EXTRACTED RECORDS:
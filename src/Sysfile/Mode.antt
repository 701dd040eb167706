-- ===== src/Sysfile/Mode.antt =====
-- sys_open behind the search for its path.
use systems_programming_a.Prelude.{
  ℕ, ◌≡◌, ◌⊎◌, refl, arith, some, none, not, ◌||◌, List, ◌∷◌, set, get_elem?, Option-cases, inl,
  inr,
}
use systems_programming_a.Files.{Files, closing, fdalloc, handles_of, IsCounted}
use systems_programming_a.Fat.Search.{found}
use systems_programming_a.Sysfile.Defs.{Opening, Opened, refused, opened}
use systems_programming_a.Sysfile.Slots.{fdalloc-free, close_file-last, IsCounted-emptied}
use systems_programming_a.Sysfile.Paths.{is_wronly, is_rdwr, set_mode, with_descriptor, with_file}

-- Without a descriptor the file is closed again; otherwise it is behind one that was free, with the
-- mode.
abbrev pub OpensFile : ℕ → ℕ → Files → List ℕ → Opening → Opened ℕ → Type 0
OpensFile omode f t hs s o =
    ((s' : Opening) × (o ≡ refused s')
      × IsCounted s'.files hs
      × (s'.open_file ≡ s.open_file)
      × (s'.closed ≡ closing (t f) ∷ s.closed))
    ⊎ ((s' : Opening) × (fd : ℕ) × (o ≡ opened s' fd)
        × IsCounted s'.files (f ∷ hs)
        × (get_elem? s.open_file fd ≡ some none)
        × (s'.open_file ≡ set s.open_file fd (some f))
        × ((s'.files f).readable ≡ not (is_wronly omode))
        × ((s'.files f).writable ≡ (is_wronly omode || is_rdwr omode)))

-- With a file that fsFat12Open has given, whose slot has its first handle, sys_open either closes
-- it again, with the descriptors as before and every slot counting its other handles, or puts it
-- behind a descriptor that was free, readable and writable as the mode says.
pub with_file_lem :
    (omode f : ℕ) (t : Files) (hs : List ℕ) (s : Opening)
    → handles_of f hs ≡ 0
    → IsCounted t (f ∷ hs)
    → OpensFile omode f t hs s (with_file omode s (found f t))
unfolding with_file with_descriptor handles_of
with_file_lem omode f t hs s a h = elim (Option-cases (fdalloc f 0 s.open_file)) [
  | inl e ↦
      let one : (t f).reference_count ≡ 1 = ground (arith, h f) in
      rw e (
        inl (
          _,
          close_file-last f (record s { files = t }) refused one,
          IsCounted-emptied t (f ∷ hs) hs f h a (λ j n. ground arith),
          refl,
          refl,
        ))
  | inr ((fd, slots), e) ↦
      let (x, y) = fdalloc-free f fd s.open_file slots e in
      rw e (
        inr (
          record s { open_file = slots; files = set_mode omode f t },
          fd,
          refl,
          λ j. ground (arith, h j),
          x,
          y,
          ground arith,
          ground arith,
        ))
]
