-- ===== src/Sysfile/Pair.antt =====
-- sys_pipe: two descriptors for the ends of a pipe, or everything is given back.
use systems_programming_a.Prelude.{
  ℕ, ◌≡◌, ◌⊎◌, ◌∙◌, refl, ap, ap₂, arith, Option, some, none, Bool, true, false, List, ◌∷◌, set,
  get_elem?, Memory, Option-cases, inl, inr,
}
use systems_programming_a.Proc.{Process, Table}
use systems_programming_a.Pipe.{Pipe, initialise, pipeclose}
use systems_programming_a.Kalloc.{allocate_page}
use systems_programming_a.Syscall.{argptr}
use systems_programming_a.Files.{File, closing, close_pipe, fdalloc, IsCounted}
use systems_programming_a.Sysfile.Defs.{
  Opening, Opened, refused, opened, then_opened, close_ends, pipe_in, pipealloc, second_descriptor,
  first_descriptor, sys_pipe,
}
use systems_programming_a.Sysfile.Slots.{fdalloc-free, set-set, close_ends-last}
use systems_programming_a.Sysfile.Ends.{IsFresh, Kept, IsEnd, WithoutPipe, HasEnds, pipealloc_lem}

-- The page of a pipe was taken, and both ends of the pipe were closed again.
abbrev pub PipeClosed : Opening → Opening → Type 0
PipeClosed s s' =
    (p : ℕ) × (allocate_page s.kernel ≡ (s'.kernel, p))
    × (s'.closed ≡ close_pipe p true ∷ close_pipe p false ∷ s.closed)
    × ((ps : Table)
        → (pipeclose (pipeclose (record { pipe = pipe_in s'.kernel.memory p; procs = ps }) false)
            true).pipe.freed
          ≡ true)

abbrev pub GivesBack : Opening → List ℕ → Opening → Type 0
GivesBack s hs s' =
    IsCounted s'.files hs
    × Kept hs s.files s'.files
    × (s'.open_file ≡ s.open_file)
    × (WithoutPipe s s' ⊎ PipeClosed s s')

-- What sys_pipe leaves when it succeeds; `made` is how pipealloc left it.
pub record HasPair (s : Opening) (hs : List ℕ) (o : Opened (ℕ × ℕ × Pipe)) : Type 0 where
  pub made : Opening
  pub reader : ℕ
  pub writer : ℕ
  pub page : ℕ
  pub reader_descriptor : ℕ
  pub writer_descriptor : ℕ
  pub ends : HasEnds s hs made reader writer page
  pub reader_free : get_elem? s.open_file reader_descriptor ≡ some none
  pub writer_free :
      get_elem? (set s.open_file reader_descriptor (some reader)) writer_descriptor ≡ some none
  pub result :
      o
      ≡ opened
          (record made {
            open_file =
                set
                  (set s.open_file reader_descriptor (some reader))
                  writer_descriptor
                  (some writer);
          })
          (reader_descriptor, writer_descriptor, pipe_in made.kernel.memory page)

abbrev pub OpensPair : Opening → List ℕ → Opened (ℕ × ℕ × Pipe) → Type 0
OpensPair s hs o = ((s' : Opening) × (o ≡ refused s') × GivesBack s hs s') ⊎ HasPair s hs o

closing-IsEnd : (w : Bool) (p : ℕ) (x : File) → IsEnd w p x → closing x ≡ close_pipe p w
closing-IsEnd w p x e = rw (e.0, e.2, e.3) refl

freed_pipe :
    (m : Memory) (p : ℕ) (ps : Table)
    → (pipeclose (pipeclose (record { pipe = pipe_in m p; procs = ps }) false) true).pipe.freed
      ≡ true
unfolding pipeclose pipe_in initialise
freed_pipe m p ps = refl

-- Both ends are closed, with these descriptors left.
ends-undone :
    (s : Opening) (hs : List ℕ) (s1 : Opening) (f g p : ℕ) (slots : List (Option ℕ))
    → HasEnds s hs s1 f g p
    → slots ≡ s.open_file
    → OpensPair s hs (close_ends f g (record s1 { open_file = slots }))
ends-undone s hs s1 f g p slots h e =
    let (x, y) =
      close_ends-last f g (record s1 { open_file = slots }) hs h.apart h.reader.0 h.writer.0
        h.counted in
    inl (
      _,
      x,
      (
        y,
        λ i l. ground (arith, h.kept i l, h.reader.0, h.writer.0),
        e,
        inr (
          p,
          h.page.0,
          ap₂ (λ c d. c ∷ d ∷ s1.closed) (closing-IsEnd true p (s1.files g) h.writer.2)
                (closing-IsEnd false p (s1.files f) h.reader.2)
              ∙ ap (λ l. close_pipe p true ∷ close_pipe p false ∷ l) h.others.1,
          freed_pipe s1.kernel.memory p,
        ),
      ),
    )

descriptors_lem :
    (s : Opening) (hs : List ℕ) (s1 : Opening) (f g p : ℕ)
    → HasEnds s hs s1 f g p
    → OpensPair s hs
        (first_descriptor f g (pipe_in s1.kernel.memory p) s1 (fdalloc f 0 s1.open_file))
unfolding first_descriptor second_descriptor
descriptors_lem s hs s1 f g p h = elim (Option-cases (fdalloc f 0 s1.open_file)) [
  | inl e ↦ rw e (ends-undone s hs s1 f g p s1.open_file h h.others.0)
  | inr ((d, l), e) ↦
      let (x, y) = fdalloc-free f d s1.open_file l e in
      let o = h.others.0 in
      let u : set l d none ≡ s.open_file =
        ap (λ l. set l d none) y ∙ set-set s1.open_file d (some f) x ∙ o in
      elim (Option-cases (fdalloc g 0 l)) [
        | inl n ↦ rw (e, n) (ends-undone s hs s1 f g p (set l d none) h u)
        | inr ((c, l'), n) ↦
            let (v, w) = fdalloc-free g c l l' n in
            let y' : l ≡ set s.open_file d (some f) = y ∙ ap (λ l. set l d (some f)) o in
            inr (record {
              made = s1;
              reader = f;
              writer = g;
              page = p;
              reader_descriptor = d;
              writer_descriptor = c;
              ends = h;
              reader_free = rw o at x;
              writer_free = rw y' at v;
              result =
                  rw (e, n)
                    (ap
                      (λ l. opened (record s1 { open_file = l }) (d, c, pipe_in s1.kernel.memory p))
                      (w ∙ ap (λ l. set l c (some g)) y'));
            })
      ]
]

pipe_made :
    (s : Opening) (hs : List ℕ)
    → IsCounted s.files hs
    → IsFresh s.files
    → OpensPair s hs (
        then_opened
          (pipealloc s)
          (λ s (f0, f1, q). first_descriptor f0 f1 q s (fdalloc f0 0 s.open_file)))
pipe_made s hs h r = elim (pipealloc_lem s hs h r) [
  | inl (s', e, (a, b, c, d)) ↦ rw e (inl (s', refl, (a, b, c, inl d)))
  | inr (s1, f, g, p, e, x) ↦ rw e (descriptors_lem s hs s1 f g p x)
]

-- sys_pipe on a table in which every slot counts its handles and the slots without references have
-- no type. It neither panics nor fails to end. Either it returns -1: then every slot counts the
-- same handles as before, the files with handles and the descriptors are unchanged, and either it
-- took no page and nothing is behind what it closed, or it took the page of a pipe and closed both
-- its ends, which frees the page. Or it returns 0: then two slots that had no handle have one each,
-- a reading and a writing end of a pipe in the allocated page, behind two descriptors that were
-- free, and the other files with handles and the other descriptors are unchanged.
pub sys_pipe_lem :
    (p : Process) (user : Memory) (s : Opening) (hs : List ℕ)
    → IsCounted s.files hs
    → IsFresh s.files
    → OpensPair s hs (sys_pipe p user s)
unfolding sys_pipe
sys_pipe_lem p user s hs h r = elim (Option-cases (argptr p user 0 8)) [
  | inl e ↦ rw (sys_pipe, e) (inl (s, refl, (h, λ i l. refl, refl, inl (refl, 0, refl))))
  | inr (a, e) ↦ rw (sys_pipe, e) (pipe_made s hs h r)
]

WORK ORDER: List every line in the records above that contains the word "PipeClosed".

RESPONSE TO THE TASK:
abbrev pub PipeClosed : Opening → Opening → Type 0
PipeClosed s s' =
    × (WithoutPipe s s' ⊎ PipeClosed s s')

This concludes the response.